### PROBLEM TO SOLVE
Wherever the word "serving" appears in a line of the data, that line should be copied.

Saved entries

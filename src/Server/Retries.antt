-- ===== src/Server/Retries.antt =====
-- A request whose connection fails, or ends, before the request is written is not lost.
use ats_fastcgi.Common.{
  ℕ, ◌<◌, ◌≡◌, ◌≢◌, ap, ◌∙◌, inl, inr, ◌⊎◌, List, none, some, ok, Safe, Safe->>=, Safe-OnOk,
  Safe-mono, Safe-result, arith, false,
}
use ats_fastcgi.Connection.{ServerConnection}
use ats_fastcgi.Queue.{RequestQueue, add_to_queue}
use ats_fastcgi.Server.{Server, find, erase, re_connect}
use ats_fastcgi.Server.Lists.{find-erase, find-assign}
use ats_fastcgi.Server.Owners.{IsOwned, load_lem}
use ats_fastcgi.Server.Ownership.{HasIds, re_connect-IsOwned}
use ats_fastcgi.Server.Events.{close_down, retry, net_connect_failed, eos}
use ats_fastcgi.Server.Retry.{IsPlaced, re_connect-IsPlaced, IsClosed, close_down-IsClosed}
use ats_fastcgi.Server.Reachable.{Reachable, Reachable-IsOwned}

-- The request `i`, which had the id `k` and the connection `c`, has another connection under the id `id`
-- or is offered to the queue `q`.
abbrev pub IsRetried : ℕ → ℕ → ℕ → ℕ → RequestQueue → Server → Type 0
IsRetried i c k id q s' =
    (s'.heap.cell c ≡ none)
    × (find k s'.intercept_list ≡ none)
    × (((d : ℕ) × (d ≢ c) × (find id s'.intercept_list ≡ some (i, d)) × (s'.queue ≡ q))
        ⊎ (s'.queue ≡ (add_to_queue i q).0))

placed-closed :
    (i c k id : ℕ) (l : List (ℕ × ℕ × ℕ)) (q : RequestQueue) (s s' : Server)
    → k < id
    → find k l ≡ none
    → IsOwned s
    → IsPlaced i c k id l q s
    → IsClosed c k s s'
    → IsRetried i c k id q s'
placed-closed i c k id l q s s' n e o (own, inl (d, f, g)) (gone, erased, same) =
    let there : find id s.intercept_list ≡ some (i, d) =
      ap (find id) f ∙ ground (arith, find-assign id id i d l) in
    (
      gone,
      ap (find k) erased ∙ ground (arith, find-erase k k s.intercept_list),
      inl (
        d,
        (λ h. let serving = o.serving id i d there in ground arith),
        ap (find id) erased ∙ find-erase id k s.intercept_list ∙ ground (arith, there),
        same ∙ g,
      ),
    )
placed-closed i c k id l q s s' n e o (own, inr (f, g)) (gone, erased, same) =
    (gone, ap (find k) erased ∙ ground (arith, find-erase k k s.intercept_list), inr (same ∙ g))

retry-IsRetried :
    (s : Server) (i c k : ℕ)
    → IsOwned s
    → HasIds s
    → find k s.intercept_list ≡ some (i, c)
    → Safe (IsRetried i c k s.next_id s.queue) (retry c k s)
unfolding retry
retry-IsRetried s i c k o more e =
    let Placed = IsPlaced i c k s.next_id (erase k s.intercept_list) s.queue in
    Safe->>= (λ s'. IsOwned s' × Placed s') (IsRetried i c k s.next_id s.queue) (re_connect k s)
      (close_down c)
      (Safe-OnOk IsOwned Placed (re_connect k s) (re_connect-IsOwned s k o more)
        (re_connect-IsPlaced s i c k o e))
      (λ s' (o', placed).
        Safe-mono (IsClosed c k s') (IsRetried i c k s.next_id s.queue) (close_down c s')
          (close_down-IsClosed s' c k placed.0)
          (λ s'' closed.
            placed-closed i c k s.next_id (erase k s.intercept_list) s.queue s' s''
              (o.ids k i c e).1 (ground (arith, find-erase k k s.intercept_list)) o' placed closed))

-- In every state that the server comes to by calls and events, which are made while request ids are left
-- and of which the events and `connectionClosed` get a live connection, where the address of the
-- application can be read and every client request can be made, and while request ids are left:
-- `TS_EVENT_NET_CONNECT_FAILED` of a request's connection succeeds and deletes this connection with the
-- entry of its request, and the intercept either has another connection under the next id or is offered
-- to the queue.
pub net_connect_failed-IsRetried :
    (s : Server) (i c k : ℕ)
    → Reachable s
    → HasIds s
    → find k s.intercept_list ≡ some (i, c)
    → (s' : Server) × (net_connect_failed c s ≡ ok s') × IsRetried i c k s.next_id s.queue s'
unfolding net_connect_failed
net_connect_failed-IsRetried s i c k r more e =
    let o = Reachable-IsOwned r in
    let (conn, f, run, same) = load_lem c k s.heap (o.serving k i c e) in
    let (s', done, retried) =
      Safe-result (IsRetried i c k s.next_id s.queue) (retry c k s)
        (retry-IsRetried s i c k o more e) in
    (s', rw (run, same) done, retried)

-- In every state that the server comes to by calls and events, which are made while request ids are left
-- and of which the events and `connectionClosed` get a live connection, where the address of the
-- application can be read and every client request can be made, and while request ids are left:
-- `TS_EVENT_VCONN_EOS` of a request's connection, before the request is written to its end, succeeds and
-- deletes this connection with the entry of its request, and the intercept either has another connection
-- under the next id or is offered to the queue.
pub eos-IsRetried :
    (s : Server) (i c k : ℕ) (conn : ServerConnection)
    → Reachable s
    → HasIds s
    → find k s.intercept_list ≡ some (i, c)
    → s.heap.cell c ≡ some conn
    → conn.read_enable ≡ false
    → (s' : Server) × (eos c s ≡ ok s') × IsRetried i c k s.next_id s.queue s'
unfolding eos
eos-IsRetried s i c k conn r more e g w =
    let o = Reachable-IsOwned r in
    let (conn', f, run, same) = load_lem c k s.heap (o.serving k i c e) in
    let unwritten : conn'.read_enable ≡ false = cc in
    let (s', done, retried) =
      Safe-result (IsRetried i c k s.next_id s.queue) (retry c k s)
        (retry-IsRetried s i c k o more e) in
    (s', rw (run, same, unwritten) done, retried)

### COMPLETED EXERCISE
        (λ h. let serving = o.serving id i d there in ground arith),
    let (conn, f, run, same) = load_lem c k s.heap (o.serving k i c e) in
    let (conn', f, run, same) = load_lem c k s.heap (o.serving k i c e) in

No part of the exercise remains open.